The IRS is seemingly the biggest threat to Intuit and other commercial tax prep businesses, but it has more frequently acted as the industry’s ally, defending the Free File program even in the face of critical internal reviews. The IRS declined to comment for this article.
The consequences of Intuit’s efforts affect a huge proportion of the taxpaying public. Americans spend an estimated 1.7 billion hours and $31 billion doing their taxes each year. Just 2.8 million participated in the Free File program this year, down from 5.1 million at the program’s peak in 2005.
Intuit’s success has made the men who run the company rich. Smith, the CEO who stepped down last year and is now executive board chair, had a stake worth $20 million when he became chief executive. It ballooned to $220 million by last year. Co-founder Scott Cook is now among the country’s wealthiest people, his fortune soaring to $3.3 billion.

Intuit CEO Brad Smith flashes the “rock on” hand sign next to Kiss’ Gene Simmons during Smith’s 2018 farewell tour at TurboTax in San Diego. (Rachael Marie Photography)
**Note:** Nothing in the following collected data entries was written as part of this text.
-- ===== src/Config/Ports.antt =====
-- internal/config/config.go: configurations that pass `validate`, and `ListenPort`.
use thunder_go.Prelude.{
  ℕ, ◌+◌, ◌≡◌, refl, subst, inl, inr, Bool, true, false, not, ◌&&◌, ◌||◌, Option, none, some, arith,
  if◌then◌else◌, tests, Bool-cases,
}
use thunder_go.Config.{
  Config, Checked, ConfigError, valid, invalid, tg_api_id, tg_vault_channel_id,
  tg_force_sub_channel_id, tg_owner_user_id, tg_token_ttl_hours, tg_max_concurrent_per_client,
  tg_file_ttl_days, tg_keepalive_secs, tg_http_port, validate, settled, known_level, min_channel_id,
  Url, listen_port, default_port, or_scheme, by_scheme, platform_port, parsed_port, or_parsed,
  channel_id_to_raw,
}
use thunder_go.Prelude.Int.{ℤ, pos, negsuc, ltb_ℤ, leb_ℤ, eqb_ℤ}
use thunder_go.Prelude.Text.{Text, codes, text_eq, to_lower, is_empty}
use thunder_go.Prelude.Text.Decimal.{parse_int}

-- The ranges of the settings.
pub record IsChecked (c : Config) : Type 0 where
  pub api_id : ltb_ℤ (pos 0) c.api_id ≡ true
  pub vault : leb_ℤ c.vault_channel_id min_channel_id ≡ true
  pub owner : eqb_ℤ c.owner_user_id (pos 0) ≡ false
  pub clients : leb_ℤ (pos 1) c.max_concurrent_per_client ≡ true
  pub port : (leb_ℤ (pos 0) c.http_port && leb_ℤ c.http_port (pos 65535)) ≡ true
  pub batch : leb_ℤ (pos 1) c.batch_cap ≡ true
  pub level : known_level c.log_level ≡ true

-- A check that fails makes the configuration invalid.
passed :
    (b : Bool) (e : ConfigError) (rest : Checked) (c' : Config)
    → (if b then invalid e else rest) ≡ valid c'
    → (b ≡ false) × (rest ≡ valid c')
passed true e rest c' h = cc
passed false e rest c' h = (refl, h)

known_level-settled :
    (level : Text) → known_level (if known_level level then level else codes "info") ≡ true
unfolding known_level text_eq
known_level-settled level = elim (Bool-cases (known_level level)) [
  | inl e ↦ rw (e, e)
  | inr e ↦ rw e
]

settled-IsChecked :
    (c : Config)
    → leb_ℤ c.api_id (pos 0) ≡ false
    → ltb_ℤ min_channel_id c.vault_channel_id ≡ false
    → eqb_ℤ c.owner_user_id (pos 0) ≡ false
    → ltb_ℤ c.max_concurrent_per_client (pos 1) ≡ false
    → (ltb_ℤ c.http_port (pos 0) || ltb_ℤ (pos 65535) c.http_port) ≡ false
    → IsChecked (settled c)
unfolding settled
settled-IsChecked c api vault owner clients port = record {
  api_id = omega (tests, api);
  vault = ground (arith, vault);
  owner = owner;
  clients = ground (arith, clients);
  port = ground (arith, port);
  batch = ground arith;
  level = known_level-settled (to_lower c.log_level);
}

-- A configuration that passes the checks has its settings in their ranges: the API identifier is
-- positive, the vault is a channel, there is an owner, a client may serve a stream, the port is at
-- most 65535, a batch holds a file, and the log level is a known one.
validate-IsChecked : (c c' : Config) → validate c ≡ valid c' → IsChecked c'
unfolding validate
validate-IsChecked c c' h =
    let r9 = valid (settled c) in
    let t8 = ltb_ℤ c.http_port (pos 0) || ltb_ℤ (pos 65535) c.http_port in
    let r8 = if t8 then invalid tg_http_port else r9 in
    let t7 = ltb_ℤ c.keepalive_secs (pos 0) in
    let r7 = if t7 then invalid tg_keepalive_secs else r8 in
    let t6 = ltb_ℤ c.file_ttl_days (pos 0) in
    let r6 = if t6 then invalid tg_file_ttl_days else r7 in
    let t5 = ltb_ℤ c.max_concurrent_per_client (pos 1) in
    let r5 = if t5 then invalid tg_max_concurrent_per_client else r6 in
    let t4 = c.token_enabled && leb_ℤ c.token_ttl_hours (pos 0) in
    let r4 = if t4 then invalid tg_token_ttl_hours else r5 in
    let t3 = eqb_ℤ c.owner_user_id (pos 0) in
    let r3 = if t3 then invalid tg_owner_user_id else r4 in
    let t2 =
      not (eqb_ℤ c.force_sub_channel_id (pos 0)) && ltb_ℤ min_channel_id c.force_sub_channel_id in
    let r2 = if t2 then invalid tg_force_sub_channel_id else r3 in
    let t1 = ltb_ℤ min_channel_id c.vault_channel_id in
    let r1 = if t1 then invalid tg_vault_channel_id else r2 in
    let t0 = leb_ℤ c.api_id (pos 0) in
    let h0 = passed t0 tg_api_id r1 c' h in
    let h1 = passed t1 tg_vault_channel_id r2 c' h0.1 in
    let h2 = passed t2 tg_force_sub_channel_id r3 c' h1.1 in
    let h3 = passed t3 tg_owner_user_id r4 c' h2.1 in
    let h4 = passed t4 tg_token_ttl_hours r5 c' h3.1 in
    let h5 = passed t5 tg_max_concurrent_per_client r6 c' h4.1 in
    let h6 = passed t6 tg_file_ttl_days r7 c' h5.1 in
    let h7 = passed t7 tg_keepalive_secs r8 c' h6.1 in
    let h8 = passed t8 tg_http_port r9 c' h7.1 in
    let e : settled c ≡ c' = cc h8.1 in
    subst IsChecked e (settled-IsChecked c h0.0 h1.0 h3.0 h5.0 h8.0)

-- The number that a text stands for, if any, is a port.
abbrev pub IsPort : ℤ → Type 0
IsPort n = (leb_ℤ (pos 1) n && leb_ℤ n (pos 65535)) ≡ true

-- The number that a URL has for its port, if it has one, is a port; url.Parse takes any number.
abbrev pub HasPort : (Text → Option Url) → Text → Type 0
HasPort parse base = (u : Url) (n : ℤ) → parse base ≡ some u → parse_int u.port ≡ some n → IsPort n

IsPortIfAny : Option ℤ → Type 0
IsPortIfAny none = Unit
IsPortIfAny (some n) = IsPort n

platform_port-IsPort : (o : Option ℤ) → IsPortIfAny (platform_port o)
unfolding platform_port IsPortIfAny
platform_port-IsPort none = tt
platform_port-IsPort (some n) = elim (Bool-cases (ltb_ℤ (pos 0) n && leb_ℤ n (pos 65535))) [
  | inl e ↦ rw e (ground (arith, e))
  | inr e ↦ rw e tt
]

chosen-IsPort :
    (port : Text) → IsPortIfAny (if is_empty port then none else platform_port (parse_int port))
unfolding IsPortIfAny
chosen-IsPort port = elim (Bool-cases (is_empty port)) [
  | inl e ↦ rw e tt
  | inr e ↦ rw e (platform_port-IsPort (parse_int port))
]

by_scheme-IsPort : (scheme : Text) → IsPort (by_scheme scheme)
unfolding by_scheme
by_scheme-IsPort scheme = elim (Bool-cases (text_eq scheme (codes "https"))) [
  | inl e ↦ rw e refl
  | inr e ↦ rw e refl
]

or_scheme-IsPort :
    (scheme : Text) (o : Option ℤ) → ((n : ℤ) → o ≡ some n → IsPort n) → IsPort (or_scheme scheme o)
unfolding or_scheme
or_scheme-IsPort scheme none h = by_scheme-IsPort scheme
or_scheme-IsPort scheme (some n) h = h n refl

parsed_port-IsPort :
    (u : Option Url)
    → ((v : Url) (n : ℤ) → u ≡ some v → parse_int v.port ≡ some n → IsPort n)
    → IsPort (parsed_port u)
unfolding parsed_port default_port
parsed_port-IsPort none h = refl
parsed_port-IsPort (some u) h = elim (Bool-cases (is_empty u.port)) [
  | inl e ↦ rw e (by_scheme-IsPort u.scheme)
  | inr e ↦ rw e (or_scheme-IsPort u.scheme (parse_int u.port) (λ n f. h u n refl f))
]

or_parsed-IsPort :
    (u : Option Url)
    → ((v : Url) (n : ℤ) → u ≡ some v → parse_int v.port ≡ some n → IsPort n)
    → (o : Option ℤ) → IsPortIfAny o
    → IsPort (or_parsed u o)
unfolding or_parsed IsPortIfAny
or_parsed-IsPort u h none k = parsed_port-IsPort u h
or_parsed-IsPort u h (some n) k = k

-- A validated configuration listens on a port from 1 to 65535, whatever PORT is set to, if the
-- port that url.Parse reads off its base URL, if any, is one.
pub listen_port-IsPort :
    (parse : Text → Option Url) (port : Text) (c c' : Config)
    → HasPort parse c'.base_url
    → validate c ≡ valid c'
    → IsPort (listen_port parse port c')
unfolding listen_port
listen_port-IsPort parse port c c' ports h = elim (Bool-cases (ltb_ℤ (pos 0) c'.http_port)) [
  | inl e ↦ rw e (ground (arith, (validate-IsChecked c c' h).port))
  | inr e ↦ rw e (
      or_parsed-IsPort (parse c'.base_url) (λ u n f g. ports u n f g)
        (if is_empty port then none else platform_port (parse_int port)) (chosen-IsPort port))
]

-- The raw identifier of a channel whose identifier has the prefix -100 is what follows the prefix.
pub channel_id_to_raw-offset : (n : ℕ) → channel_id_to_raw (negsuc (999999999999 + n)) ≡ pos n
unfolding channel_id_to_raw
channel_id_to_raw-offset n = ground arith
This year, Intuit was close to realizing a long-held goal: enshrining the Free File program in law, effectively closing the door on the IRS ever creating a free tax filing system. But an outcry followed ProPublica’s reporting on the matter and Intuit’s treatment of its customers, prompting the provision to be dropped and state and federal investigations into Intuit’s practices.
Yet even after this setback, the company remained steadfastly confident that its clout in Washington would win the day.
“What we’re not gonna do is fight this publicly because that is exactly what they want us to do,” said Sasan Goodarzi, the new CEO, in a video released to staff this May and obtained by ProPublica. “We are actually working with the IRS and members of the Congress to ensure that the facts are very clear.”